Input
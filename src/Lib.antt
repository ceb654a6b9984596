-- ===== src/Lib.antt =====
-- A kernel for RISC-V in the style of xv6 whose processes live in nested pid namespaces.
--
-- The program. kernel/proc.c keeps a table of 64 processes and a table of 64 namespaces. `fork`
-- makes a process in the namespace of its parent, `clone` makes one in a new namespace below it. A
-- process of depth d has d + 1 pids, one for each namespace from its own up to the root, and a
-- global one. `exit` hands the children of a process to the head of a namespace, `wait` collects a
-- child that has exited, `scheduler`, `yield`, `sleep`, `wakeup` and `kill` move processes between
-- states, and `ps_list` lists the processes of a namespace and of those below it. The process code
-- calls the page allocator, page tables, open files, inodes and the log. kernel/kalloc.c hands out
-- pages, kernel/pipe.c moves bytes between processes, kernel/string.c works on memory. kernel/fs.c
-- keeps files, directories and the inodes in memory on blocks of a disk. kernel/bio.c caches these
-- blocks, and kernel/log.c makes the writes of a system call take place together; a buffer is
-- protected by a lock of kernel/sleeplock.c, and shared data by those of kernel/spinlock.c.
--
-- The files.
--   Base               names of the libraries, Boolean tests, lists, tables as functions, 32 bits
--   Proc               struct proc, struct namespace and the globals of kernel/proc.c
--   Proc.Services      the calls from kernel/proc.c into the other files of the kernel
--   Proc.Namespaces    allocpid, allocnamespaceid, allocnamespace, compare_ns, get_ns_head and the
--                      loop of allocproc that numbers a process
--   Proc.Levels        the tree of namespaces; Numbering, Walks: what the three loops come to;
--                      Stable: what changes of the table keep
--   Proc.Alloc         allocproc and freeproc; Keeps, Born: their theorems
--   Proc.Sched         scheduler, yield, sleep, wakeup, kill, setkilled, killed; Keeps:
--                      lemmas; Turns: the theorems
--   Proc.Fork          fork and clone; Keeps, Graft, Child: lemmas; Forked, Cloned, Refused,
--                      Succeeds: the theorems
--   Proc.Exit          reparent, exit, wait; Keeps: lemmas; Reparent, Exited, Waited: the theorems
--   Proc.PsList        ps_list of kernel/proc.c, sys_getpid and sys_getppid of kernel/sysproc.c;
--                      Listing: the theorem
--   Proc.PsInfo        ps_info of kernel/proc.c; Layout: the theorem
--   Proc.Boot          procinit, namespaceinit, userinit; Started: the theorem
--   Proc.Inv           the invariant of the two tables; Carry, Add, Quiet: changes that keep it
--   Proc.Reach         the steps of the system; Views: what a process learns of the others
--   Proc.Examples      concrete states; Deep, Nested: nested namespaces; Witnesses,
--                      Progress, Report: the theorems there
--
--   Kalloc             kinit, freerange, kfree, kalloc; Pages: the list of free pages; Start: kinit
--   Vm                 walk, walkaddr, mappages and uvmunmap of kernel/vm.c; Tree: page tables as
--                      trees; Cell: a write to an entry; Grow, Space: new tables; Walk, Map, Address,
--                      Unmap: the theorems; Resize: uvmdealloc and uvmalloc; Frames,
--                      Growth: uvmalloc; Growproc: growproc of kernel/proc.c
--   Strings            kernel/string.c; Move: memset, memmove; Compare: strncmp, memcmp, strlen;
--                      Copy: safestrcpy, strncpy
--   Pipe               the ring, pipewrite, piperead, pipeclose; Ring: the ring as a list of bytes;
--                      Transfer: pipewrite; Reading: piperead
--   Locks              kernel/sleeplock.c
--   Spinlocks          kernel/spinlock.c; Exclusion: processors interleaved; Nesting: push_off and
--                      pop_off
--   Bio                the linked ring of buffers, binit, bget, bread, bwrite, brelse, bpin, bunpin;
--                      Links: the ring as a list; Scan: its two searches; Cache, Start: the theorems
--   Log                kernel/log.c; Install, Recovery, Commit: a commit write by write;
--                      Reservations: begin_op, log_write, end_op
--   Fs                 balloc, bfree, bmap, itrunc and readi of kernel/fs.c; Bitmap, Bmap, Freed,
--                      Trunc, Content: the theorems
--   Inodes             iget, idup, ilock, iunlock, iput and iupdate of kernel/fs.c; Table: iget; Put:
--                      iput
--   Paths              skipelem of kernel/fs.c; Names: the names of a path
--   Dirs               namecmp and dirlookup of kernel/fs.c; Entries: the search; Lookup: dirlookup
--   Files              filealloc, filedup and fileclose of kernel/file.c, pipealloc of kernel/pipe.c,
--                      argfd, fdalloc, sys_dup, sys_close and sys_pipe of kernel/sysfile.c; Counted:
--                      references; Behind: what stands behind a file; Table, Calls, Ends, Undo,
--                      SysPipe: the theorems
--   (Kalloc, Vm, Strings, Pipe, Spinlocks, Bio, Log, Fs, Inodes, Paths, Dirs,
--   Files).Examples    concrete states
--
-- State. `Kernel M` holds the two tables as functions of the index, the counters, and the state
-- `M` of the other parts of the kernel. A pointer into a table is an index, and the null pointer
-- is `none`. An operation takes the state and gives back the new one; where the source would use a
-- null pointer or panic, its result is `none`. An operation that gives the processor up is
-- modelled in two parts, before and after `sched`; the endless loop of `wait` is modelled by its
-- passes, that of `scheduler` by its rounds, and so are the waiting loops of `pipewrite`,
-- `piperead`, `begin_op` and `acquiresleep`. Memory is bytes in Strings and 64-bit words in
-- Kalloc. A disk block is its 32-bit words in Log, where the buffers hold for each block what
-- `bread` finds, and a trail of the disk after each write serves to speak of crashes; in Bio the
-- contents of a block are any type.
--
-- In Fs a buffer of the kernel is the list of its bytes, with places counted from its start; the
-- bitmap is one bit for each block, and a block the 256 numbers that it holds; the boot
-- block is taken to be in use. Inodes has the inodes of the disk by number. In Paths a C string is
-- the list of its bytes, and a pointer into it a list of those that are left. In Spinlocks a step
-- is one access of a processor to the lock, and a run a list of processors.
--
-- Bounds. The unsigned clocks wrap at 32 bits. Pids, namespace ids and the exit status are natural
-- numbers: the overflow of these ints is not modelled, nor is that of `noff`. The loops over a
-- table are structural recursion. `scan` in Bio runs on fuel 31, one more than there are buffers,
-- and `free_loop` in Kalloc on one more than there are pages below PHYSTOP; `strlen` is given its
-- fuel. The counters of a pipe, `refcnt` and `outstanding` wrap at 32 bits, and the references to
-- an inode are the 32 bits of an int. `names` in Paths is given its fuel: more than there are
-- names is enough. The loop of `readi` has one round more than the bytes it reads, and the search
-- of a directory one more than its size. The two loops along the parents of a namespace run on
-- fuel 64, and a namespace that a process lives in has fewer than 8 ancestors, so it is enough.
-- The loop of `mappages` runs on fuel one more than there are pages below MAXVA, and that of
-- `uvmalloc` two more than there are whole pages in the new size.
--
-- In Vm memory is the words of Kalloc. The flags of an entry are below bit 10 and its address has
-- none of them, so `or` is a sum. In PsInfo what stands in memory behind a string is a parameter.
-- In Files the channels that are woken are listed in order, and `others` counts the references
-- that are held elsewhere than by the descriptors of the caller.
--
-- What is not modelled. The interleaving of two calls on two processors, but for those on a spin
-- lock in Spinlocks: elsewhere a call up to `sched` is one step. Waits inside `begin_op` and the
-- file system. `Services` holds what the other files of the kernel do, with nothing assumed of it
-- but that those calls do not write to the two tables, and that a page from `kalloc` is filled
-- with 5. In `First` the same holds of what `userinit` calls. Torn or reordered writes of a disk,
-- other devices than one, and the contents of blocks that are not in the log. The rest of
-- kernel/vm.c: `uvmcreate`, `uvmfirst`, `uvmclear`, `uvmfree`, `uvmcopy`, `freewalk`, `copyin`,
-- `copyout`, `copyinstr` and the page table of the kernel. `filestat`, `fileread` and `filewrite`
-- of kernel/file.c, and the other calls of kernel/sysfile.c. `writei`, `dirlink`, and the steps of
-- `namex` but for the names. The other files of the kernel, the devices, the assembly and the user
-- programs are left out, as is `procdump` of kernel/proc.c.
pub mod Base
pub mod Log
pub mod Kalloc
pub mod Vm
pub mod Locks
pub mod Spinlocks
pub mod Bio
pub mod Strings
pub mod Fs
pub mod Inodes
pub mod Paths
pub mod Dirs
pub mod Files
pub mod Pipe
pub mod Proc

---

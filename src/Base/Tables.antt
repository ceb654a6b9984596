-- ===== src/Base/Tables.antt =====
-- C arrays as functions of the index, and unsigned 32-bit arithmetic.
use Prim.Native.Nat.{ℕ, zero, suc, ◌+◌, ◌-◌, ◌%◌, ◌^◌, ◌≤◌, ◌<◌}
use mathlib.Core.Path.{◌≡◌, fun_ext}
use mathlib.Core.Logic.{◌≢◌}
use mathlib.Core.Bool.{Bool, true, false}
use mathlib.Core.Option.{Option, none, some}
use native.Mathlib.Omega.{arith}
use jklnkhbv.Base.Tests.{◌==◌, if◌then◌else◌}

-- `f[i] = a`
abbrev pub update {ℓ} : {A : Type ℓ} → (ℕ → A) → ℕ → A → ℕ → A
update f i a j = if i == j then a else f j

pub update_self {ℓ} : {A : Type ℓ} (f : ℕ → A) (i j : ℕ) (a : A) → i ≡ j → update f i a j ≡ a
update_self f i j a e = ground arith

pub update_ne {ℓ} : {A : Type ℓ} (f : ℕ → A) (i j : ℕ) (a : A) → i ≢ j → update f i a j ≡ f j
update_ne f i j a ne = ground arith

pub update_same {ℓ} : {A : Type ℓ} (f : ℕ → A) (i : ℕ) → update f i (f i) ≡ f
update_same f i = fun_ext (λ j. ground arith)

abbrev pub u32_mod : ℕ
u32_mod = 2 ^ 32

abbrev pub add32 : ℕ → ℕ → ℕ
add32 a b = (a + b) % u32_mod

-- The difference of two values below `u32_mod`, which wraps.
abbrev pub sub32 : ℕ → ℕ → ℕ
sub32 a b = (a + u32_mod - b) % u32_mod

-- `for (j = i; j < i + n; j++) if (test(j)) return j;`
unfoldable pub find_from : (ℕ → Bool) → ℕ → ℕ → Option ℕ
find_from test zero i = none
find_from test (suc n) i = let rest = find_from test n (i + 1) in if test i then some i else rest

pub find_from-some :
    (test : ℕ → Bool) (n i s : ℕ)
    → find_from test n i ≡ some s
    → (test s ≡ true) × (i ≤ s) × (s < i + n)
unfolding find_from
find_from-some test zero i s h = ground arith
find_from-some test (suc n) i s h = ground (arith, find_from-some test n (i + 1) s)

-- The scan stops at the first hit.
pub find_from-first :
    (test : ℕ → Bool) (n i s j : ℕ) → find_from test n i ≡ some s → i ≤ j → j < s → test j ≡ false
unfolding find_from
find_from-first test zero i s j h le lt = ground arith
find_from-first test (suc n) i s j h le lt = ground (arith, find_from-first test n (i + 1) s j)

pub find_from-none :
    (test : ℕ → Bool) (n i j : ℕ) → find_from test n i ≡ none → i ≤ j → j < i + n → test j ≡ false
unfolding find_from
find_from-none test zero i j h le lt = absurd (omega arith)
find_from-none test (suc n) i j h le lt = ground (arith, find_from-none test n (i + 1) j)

...

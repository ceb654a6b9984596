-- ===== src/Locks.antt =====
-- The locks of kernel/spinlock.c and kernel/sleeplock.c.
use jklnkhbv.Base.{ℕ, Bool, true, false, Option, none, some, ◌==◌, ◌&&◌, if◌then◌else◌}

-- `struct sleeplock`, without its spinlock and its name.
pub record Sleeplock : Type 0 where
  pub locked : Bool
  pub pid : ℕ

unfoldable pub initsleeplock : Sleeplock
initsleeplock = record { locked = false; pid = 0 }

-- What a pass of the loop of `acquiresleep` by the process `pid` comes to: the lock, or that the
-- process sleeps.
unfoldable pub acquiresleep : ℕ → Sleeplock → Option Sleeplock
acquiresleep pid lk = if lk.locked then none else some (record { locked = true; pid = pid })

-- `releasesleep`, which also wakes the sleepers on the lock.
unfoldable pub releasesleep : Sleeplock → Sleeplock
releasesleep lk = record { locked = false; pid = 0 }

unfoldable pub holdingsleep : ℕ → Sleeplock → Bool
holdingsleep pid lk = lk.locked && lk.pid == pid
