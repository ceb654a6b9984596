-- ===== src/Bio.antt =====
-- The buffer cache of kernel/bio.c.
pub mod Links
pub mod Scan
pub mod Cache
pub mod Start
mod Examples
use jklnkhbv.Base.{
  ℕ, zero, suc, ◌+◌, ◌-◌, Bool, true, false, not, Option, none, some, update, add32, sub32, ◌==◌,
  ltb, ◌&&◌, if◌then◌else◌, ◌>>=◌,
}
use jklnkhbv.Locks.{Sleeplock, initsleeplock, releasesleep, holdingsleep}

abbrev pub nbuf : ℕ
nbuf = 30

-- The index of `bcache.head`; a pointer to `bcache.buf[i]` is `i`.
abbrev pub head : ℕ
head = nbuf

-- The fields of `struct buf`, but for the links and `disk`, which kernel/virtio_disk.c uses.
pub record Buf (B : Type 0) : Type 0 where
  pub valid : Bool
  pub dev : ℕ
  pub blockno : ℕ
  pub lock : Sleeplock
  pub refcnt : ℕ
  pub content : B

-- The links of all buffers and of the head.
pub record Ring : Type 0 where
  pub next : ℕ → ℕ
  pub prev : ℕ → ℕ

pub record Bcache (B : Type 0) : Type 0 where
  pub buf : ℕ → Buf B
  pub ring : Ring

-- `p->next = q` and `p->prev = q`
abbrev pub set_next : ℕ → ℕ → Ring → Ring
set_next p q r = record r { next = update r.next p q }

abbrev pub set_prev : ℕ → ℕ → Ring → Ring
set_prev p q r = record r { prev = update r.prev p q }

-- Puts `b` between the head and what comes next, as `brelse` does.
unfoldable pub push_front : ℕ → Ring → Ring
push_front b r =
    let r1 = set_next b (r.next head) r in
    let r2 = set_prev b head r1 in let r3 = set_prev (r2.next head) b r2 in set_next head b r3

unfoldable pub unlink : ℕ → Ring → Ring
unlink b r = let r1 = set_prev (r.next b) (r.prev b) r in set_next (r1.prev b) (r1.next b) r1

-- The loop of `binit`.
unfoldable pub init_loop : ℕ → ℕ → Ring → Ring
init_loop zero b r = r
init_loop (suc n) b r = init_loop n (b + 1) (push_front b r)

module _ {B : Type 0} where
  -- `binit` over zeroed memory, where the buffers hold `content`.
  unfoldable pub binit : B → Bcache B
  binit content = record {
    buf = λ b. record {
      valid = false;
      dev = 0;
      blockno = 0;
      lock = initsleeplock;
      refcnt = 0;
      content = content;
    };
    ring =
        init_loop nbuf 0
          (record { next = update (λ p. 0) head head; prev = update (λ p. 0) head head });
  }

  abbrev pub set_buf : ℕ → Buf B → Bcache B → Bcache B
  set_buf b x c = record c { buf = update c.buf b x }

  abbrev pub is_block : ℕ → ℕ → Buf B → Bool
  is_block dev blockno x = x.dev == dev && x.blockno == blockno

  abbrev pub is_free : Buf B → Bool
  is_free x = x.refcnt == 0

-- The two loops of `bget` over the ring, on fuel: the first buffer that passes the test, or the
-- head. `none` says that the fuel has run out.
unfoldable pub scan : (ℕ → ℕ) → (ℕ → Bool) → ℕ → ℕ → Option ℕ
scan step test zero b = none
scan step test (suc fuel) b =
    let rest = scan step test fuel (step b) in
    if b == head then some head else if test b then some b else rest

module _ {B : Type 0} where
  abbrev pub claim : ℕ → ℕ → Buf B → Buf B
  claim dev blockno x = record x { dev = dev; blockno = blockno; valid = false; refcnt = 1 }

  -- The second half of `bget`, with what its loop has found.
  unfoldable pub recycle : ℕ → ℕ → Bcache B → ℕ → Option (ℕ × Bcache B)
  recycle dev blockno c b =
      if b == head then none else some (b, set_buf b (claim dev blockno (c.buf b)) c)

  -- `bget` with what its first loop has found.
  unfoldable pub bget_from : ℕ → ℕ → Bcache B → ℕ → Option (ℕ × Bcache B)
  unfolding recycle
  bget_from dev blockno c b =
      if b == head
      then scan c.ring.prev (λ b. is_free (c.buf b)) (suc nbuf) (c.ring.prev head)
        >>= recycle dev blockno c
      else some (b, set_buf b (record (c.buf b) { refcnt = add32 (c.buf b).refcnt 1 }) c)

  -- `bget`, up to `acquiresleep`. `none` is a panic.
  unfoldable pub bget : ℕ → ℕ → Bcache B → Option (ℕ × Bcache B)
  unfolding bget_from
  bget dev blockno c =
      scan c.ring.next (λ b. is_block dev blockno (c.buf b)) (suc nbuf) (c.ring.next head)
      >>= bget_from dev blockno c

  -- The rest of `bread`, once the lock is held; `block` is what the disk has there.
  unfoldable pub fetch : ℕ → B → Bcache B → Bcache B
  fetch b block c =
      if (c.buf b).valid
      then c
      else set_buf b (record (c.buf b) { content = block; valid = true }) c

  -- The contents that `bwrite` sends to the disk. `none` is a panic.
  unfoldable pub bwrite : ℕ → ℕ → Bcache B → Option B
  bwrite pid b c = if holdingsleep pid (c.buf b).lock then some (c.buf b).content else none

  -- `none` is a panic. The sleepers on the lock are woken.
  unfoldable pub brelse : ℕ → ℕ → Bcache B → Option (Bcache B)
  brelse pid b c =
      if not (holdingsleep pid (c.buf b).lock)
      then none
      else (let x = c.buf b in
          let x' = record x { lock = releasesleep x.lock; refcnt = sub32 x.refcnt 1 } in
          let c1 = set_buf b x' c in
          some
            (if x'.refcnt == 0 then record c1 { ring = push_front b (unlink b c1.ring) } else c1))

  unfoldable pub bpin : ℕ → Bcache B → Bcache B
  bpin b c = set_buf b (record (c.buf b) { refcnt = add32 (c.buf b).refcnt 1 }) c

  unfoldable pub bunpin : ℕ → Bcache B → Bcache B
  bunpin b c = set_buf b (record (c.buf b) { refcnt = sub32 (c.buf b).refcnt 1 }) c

Aim of the task
Out of the entries above, write out only the lines between the line holding "filename src/Lib.antt" and the line holding "-- The program.", inclusive, each exactly as given.

Completed task
filename src/Lib.antt
repository ceb654a6b9984596
-- ===== src/Lib.antt =====
-- A kernel for RISC-V in the style of xv6 whose processes live in nested pid namespaces.
--
-- The program. kernel/proc.c keeps a table of 64 processes and a table of 64 namespaces. `fork`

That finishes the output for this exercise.